Let's try to find the sum
of this right over here, or let's try to evaluate this
expression right over here. So we're evaluating what
this sum turns out to be. Now, there's a bunch
of ways to do this. You could literally just
do it by brute force. You could say, well,
what does this equal when n equals 1, when n equals
2, all the way to n equals 7? And that would be
completely legitimate. But I view this
is an opportunity to look at some properties
of sigma notation. So let's split this out. So the first thing
that you might say is, well, look, if
I were to sum up all of these when n equals 1
and n equals 2, all the way to n equals 7, it's reasonable
that this is going to be the same thing as the
sum of 3 n squared from n equals 1 to 7 plus the
sum from n equals 1 to 7 of 2n squared-- of
2n, I should say, that right over there, plus the
sum from n equals 1 to 7 of 4. And if you find this a
little bit confusing, I encourage you to expand
to both of these things out and realize that when
you rearrange the terms, that you will get
these two things. I'm not doing a
rigorous proof here, but hopefully, if you
were to expand this out, you'd see that this is
not an unreasonable thing to claim right over here. Now, out of all of
these, this last piece is pretty easy to evaluate. When n equals 1, this
thing is equal to 4. When n equals 2, this
thing is equal to 4. When n equals 3, this
thing is equal to 4. So you're essentially going
to take seven 4's and add them together.
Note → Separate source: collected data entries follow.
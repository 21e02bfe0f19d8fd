-- ===== src/Connection.antt =====
-- A connection in one direction, out of src/tcp_sender.cc, src/tcp_receiver.cc, src/reassembler.cc
-- and src/byte_stream.cc: an application writes, a TCPSender cuts what it has written into segments,
-- a network may lose, repeat, delay and reorder them, and a TCPReceiver and its Reassembler put them
-- together for an application that reads.
pub mod Pieces
pub mod Sending
pub mod Pushing
pub mod Calls
pub mod Arriving
pub mod Keeping
pub mod Prefix
mod Tests
use networkinglab.Base.{
  ℕ, ◌+◌, ◌≤◌, ◌^◌, ◌≡◌, true, false, Option, some, List, [], ◌∷◌, ◌++◌, length, take, ok,
}
use networkinglab.Wrap.{Wrap32}
use networkinglab.Message.{TcpSenderMessage, TcpReceiverMessage}
use networkinglab.Stream.{ByteStream, available_capacity, close, read}
use networkinglab.Stream
use networkinglab.Sender.{TcpSender, tick, maybe_send, send_empty_message}
use networkinglab.Sender
use networkinglab.Receiver.Delivery.{Inbound, arrive, fresh}

-- The sender and its stream, all segments that have ever left it, and the receiving half; also the
-- bytes that the writing application has put into the one stream, and those that the reading
-- application has taken from the other.
pub record Link : Type 0 where
  pub sender : TcpSender
  pub outbound : ByteStream
  pub network : List TcpSenderMessage
  pub inbound : Inbound
  pub written : List ℕ
  pub delivered : List ℕ

-- What may happen next.
pub data Step (s : Link) : Link → Type 0 where
  -- The application writes, and has not closed the stream; it writes less than 2^31 bytes in all.
  writes :
      (str : List ℕ)
      → s.outbound.is_closed ≡ false
      → s.outbound.bytes_pushed + length str + 3 ≤ 2 ^ 31
      → Step s (record s {
        outbound = Stream.push s.outbound str;
        written = s.written ++ take (available_capacity s.outbound) str;
      })
  closes : Step s (record s { outbound = close s.outbound })
  pushes :
      (t : TcpSender) (w : ByteStream)
      → Sender.push s.sender s.outbound ≡ ok (t, w)
      → Step s (record s { sender = t; outbound = w })
  -- Any message at all comes from the other side.
  hears : (msg : TcpReceiverMessage) → Step s (record s { sender = Sender.receive s.sender msg })
  waits : (ms : ℕ) → Step s (record s { sender = tick s.sender ms })
  -- A segment goes out, from the queue or an empty one.
  departs :
      (m : TcpSenderMessage) (t : TcpSender)
      → maybe_send s.sender ≡ (some m, t)
      → Step s (record s { sender = t; network = m ∷ s.network })
  answers :
      s.sender.syn ≡ true → Step s (record s { network = send_empty_message s.sender ∷ s.network })
  -- A segment that has gone out comes in, for the first time or again.
  arrives :
      (later earlier : List TcpSenderMessage) (m : TcpSenderMessage)
      → s.network ≡ later ++ (m ∷ earlier)
      → Step s (record s { inbound = arrive m s.inbound })
  reads :
      (len : ℕ) (part : List ℕ) (v : ByteStream)
      → read s.inbound.stream len ≡ ok (part, v)
      → Step s
          (record s { inbound = record s.inbound { stream = v }; delivered = s.delivered ++ part })

pub data Reach (s : Link) : Link → Type 0 where
  here : Reach s s
  next : {t u : Link} → Reach s t → Step t u → Reach s u

-- A new connection: the retransmission timeout, the zero point if it is fixed, a random number
-- if not, and the capacities of the two streams.
abbrev pub opened : ℕ → Option Wrap32 → Wrap32 → ℕ → ℕ → Link
opened rto fixed random send_capacity recv_capacity = record {
  sender = Sender.init rto fixed random;
  outbound = Stream.init send_capacity;
  network = [];
  inbound = fresh recv_capacity;
  written = [];
  delivered = [];
}
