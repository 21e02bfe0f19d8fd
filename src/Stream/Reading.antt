-- ===== src/Stream/Reading.antt =====
-- read() of src/byte_stream_helpers.cc.
use networkinglab.Base.{
  ℕ, zero, suc, ◌+◌, ◌-◌, ◌<◌, min, ◌≡◌, refl, ap, sym, subst, ◌∙◌, ◌==◌, List, [], ◌∷◌, ◌++◌,
  append-nil, append_assoc, Bool-cases, ltb, inl, inr, ◌&&◌, not, is_empty_of_lt, true, length,
  take, drop, concat, length-append, length-take, length-drop, take_of_min, take-append_front,
  u64_mod, Outcome, ok, ◌>>=◌, arith,
}
use networkinglab.Stream.{ByteStream, front, peek, pop, read_loop, read}
use networkinglab.Stream.Invariant.{
  contents, AllFull, IsValid, Popped, pop-Popped, Popped-zero, Popped-trans,
}

-- What the loop returns, and the stream that it leaves.
abbrev Reads : ByteStream → ℕ → List ℕ → Outcome (List ℕ × ByteStream) → Type 0
Reads s k out r =
    (t : ByteStream) × (r ≡ ok (out ++ take k (contents s), t))
    × Popped s t (min k (length (contents s)))

done-Reads :
    (s : ByteStream) (k : ℕ) (out : List ℕ)
    → IsValid s
    → min k (length (contents s)) ≡ 0
    → Reads s k out (ok (out, s))
done-Reads s k out v e = (
  s,
  ap (λ ys. ok (ys, s))
      (sym (ap (λ ys. out ++ ys) (take_of_min k (contents s) e) ∙ append-nil out)),
  Popped-zero s _ v e,
)

module _ (s : ByteStream) (len : ℕ) (out c : List ℕ) (cs : List (List ℕ))
    (e : s.buffer ≡ c ∷ cs) where
  shown : peek s ≡ ok c
  unfolding peek front
  shown = rw (e, front)

  -- One round: the part of the front string that is wanted moves over.
  round :
      (fuel : ℕ) (t : ByteStream)
      → (not (s.bytes_buffered == 0) && ltb (length out) len) ≡ true
      → 0 < length c
      → pop s (length (take (len - length out) c)) ≡ ok t
      → read_loop (suc fuel) s len out ≡ read_loop fuel t len (out ++ take (len - length out) c)
  unfolding read_loop
  round fuel t more h p =
      rw (more, read_loop) (rw (shown, ◌>>=◌) (rw (is_empty_of_lt c h) (rw (p, ◌>>=◌) refl)))

  bytes : contents s ≡ c ++ concat cs
  bytes = ap concat e

  -- What is read is this part and then what the rest of the loop reads.
  joined :
      (t : ByteStream) (part : List ℕ)
      → part ≡ take (len - length out) c
      → contents t ≡ drop (length part) (contents s)
      → (out ++ part) ++ take (len - length (out ++ part)) (contents t)
        ≡ out ++ take (len - length out) (contents s)
  joined t part d q =
      append_assoc out part (take (len - length (out ++ part)) (contents t))
      ∙ ap (λ ys. out ++ ys)
          (rw (q, shorter, d, bytes) (take-append_front (len - length out) c (concat cs)))
    where
      shorter : len - length (out ++ part) ≡ len - length out - length part
      shorter = omega (arith, length-append out part)

-- The claim for one bound on the rounds.
abbrev Loops : ℕ → ℕ → Type 0
Loops len fuel =
    (s : ByteStream) (out : List ℕ)
    → IsValid s
    → s.bytes_pushed < u64_mod
    → len - length out < fuel
    → Reads s (len - length out) out (read_loop fuel s len out)

more-Reads :
    (fuel len : ℕ)
    → Loops len fuel
    → (s : ByteStream) (out : List ℕ) (b : List (List ℕ)) → s.buffer ≡ b
    → IsValid s
    → s.bytes_pushed < u64_mod
    → len - length out < suc fuel
    → (not (s.bytes_buffered == 0) && ltb (length out) len) ≡ true
    → Reads s (len - length out) out (read_loop (suc fuel) s len out)
more-Reads fuel len ih s out [] eb v w f more =
    absurd (ground (arith, v.counted, ap (λ b. length (concat b)) eb))
more-Reads fuel len ih s out (c ∷ cs) eb v w f more =
    let (t, p, q) = pop-Popped s (length part) v w (omega (arith, v.counted, both, cut)) in
    let (u, r, m) =
      ih t (out ++ part) q.valid (rw q.same_pushed w) (omega (arith, some, progress, joint, cut)) in
    (
      u,
      round s len out c cs eb fuel t more some p
          ∙ r
          ∙ ap (λ ys. ok (ys, u)) (joined s len out c cs eb t _ refl q.removed),
      Popped-trans _ _ _ q m (
          omega
            (arith, both, ap length q.removed, length-drop (length part) (contents s), joint, cut)),
    )
  where
    part : List ℕ
    part = take (len - length out) c

    cut : length part ≡ min (len - length out) (length c)
    cut = length-take (len - length out) c

    joint : length (out ++ part) ≡ length out + length part
    joint = length-append out part

    some : 0 < length c
    some = (subst AllFull eb v.full).0

    both : length (contents s) ≡ length c + length (concat cs)
    both = ap length (bytes s len out c cs eb) ∙ length-append c (concat cs)

    progress : length out < len
    progress = ground arith

read_loop-Reads : (len fuel : ℕ) → Loops len fuel
unfolding read_loop
read_loop-Reads len zero s out v w f = elim f [ ]
read_loop-Reads len (suc fuel) s out v w f =
    elim (Bool-cases (not (s.bytes_buffered == 0) && ltb (length out) len)) [
      | inl e ↦ more-Reads fuel len (read_loop-Reads len fuel) s out s.buffer refl v w f e
      | inr e ↦
          rw (e, read_loop) (done-Reads s (len - length out) out v (ground (arith, v.counted)))
    ]

-- read() returns the first `len` bytes, or all if there are fewer, and they leave the stream: its
-- loop has the rounds that it needs, and it never throws.
pub read-Reads :
    (s : ByteStream) (len : ℕ) → IsValid s → s.bytes_pushed < u64_mod → Reads s len [] (read s len)
unfolding read
read-Reads s len v w =
    subst (λ k. Reads s k [] (read_loop (suc len) s len [])) (omega arith)
      (read_loop-Reads len (suc len) s [] v w (omega arith))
So this is essentially just
going to evaluate to 7 times 4, or 28. Now let's look at this
piece right over here. Now, once again, we can
just do it by brute force. 2 times 1 is 2 plus
2 times 2 is 4. So you're going to
essentially do the first seven multiples of 2 is one way
you could think about this. Or, if we were to expand
it out-- actually, let me expand it out. This is going to be 2 plus
4 plus 6, all the way to, when this is 7,
all the way to 14. You could factor out a 2. And so this is going to
become 2 times 1 plus 2 plus 3 all the way to 7. And so you can rewrite
this piece right over here as 2 times the sum--
so we're essentially just factoring out the 2--
2 times the sum, which is the sum from n
equals 1 to 7 of n. So this is this piece. We still have this 28
that we have to add. So we have this 28. And we draw the
parentheses so you don't think that the 28 is
part of this right over here. And now we can do the
same thing with this. 3 times n-- we're taking from
n equals 1 to 7 of 3 n squared. Doing the same exact thing
as we just did in magenta, this is going to be equal
to 3 times the sum from n equals 1 to 7 of n squared. We're essentially
factoring out the 3. We're factoring out the 2. n squared. And once again, we can
put parentheses just to clarify things. Now, at this point, there
are formulas to evaluate each of these things. There's a formula to evaluate
this thing right over here. There's a formula to evaluate
this thing over here. And you can look them up. And actually, I'll
give you the formulas, in case you're curious. This formula, one
expression of this formula is that this is going to
be n to the third over 3 plus n squared over
2 plus n over 6. That's one formula for that. And one formula for this piece
right over here, going from n equals 1 to 7-- sorry. Let me make it clear. This n is actually what your
terminal value should be. So this should be 7 to
the third power over 3-- so it's not this n. I was just mindlessly using the
formula-- 7 to the third over 3 plus 7 squared over 2 plus 7/6. So that's this sum. And this sum, you could
view it as the average of the first and the last terms. So the first term is 1. The last term is 7. So take their average
and then multiply it times the number
of terms you have. So times-- you have 7 terms. So what is this middle
one going to evaluate to? Well, 1 times-- and of course,
we have this 2 out front. This green is just this
part right over here. So you have 2 times this. And over here, you have 3 times
this business right over here. So if we evaluate this
one, 2 times-- let's see. 1 plus 7 is 8,
divided by 2 is 4. 4 times 2 is 8. Times 7, it's 56. So that becomes 56. Now, this-- let's see. This is actually-- well, we
could evaluate this if we want. And I guess we could
take out a calculator if we wanted to figure
out 7 to the third power. Actually, let's just do
that just to save time here. So let's calculate. So we have 7 to the
third power divided by 3 plus 7 squared divided
by 2 plus 7 divided by 6 gives us a drum roll of 140. So this is going to
be equal to 3 times 140-- let me do it in that
color-- 3 times 140 plus 56 plus 28. And since we get our calculator
out, let's just use it. So let's see. 140 times 3 is 420,
of course, plus 56, plus 28-- we deserve a drum
roll now-- gets us to 504. So this sum right over
here is equal to 504. And once again, multiple
ways you can do it. But it's nice to know
that there are these ways to break down the problem. And there are all
these formulas. Now, I encourage you
to look at the formulas to see how this is actually
derived and proved. I'm not a big fan
of just saying, oh, there's a formula for this. You just apply it. The formula here is
whatever this terminal value is to the third power over
3 plus that squared over 2, plus that over 6. I encourage you to
look up on our site, on Khan Academy, the formula
for the sum of n squares, and it'll tell you where
this is derived from. And also, the formula for the
sum of an arithmetic series, and it'll tell you where
this is derived from.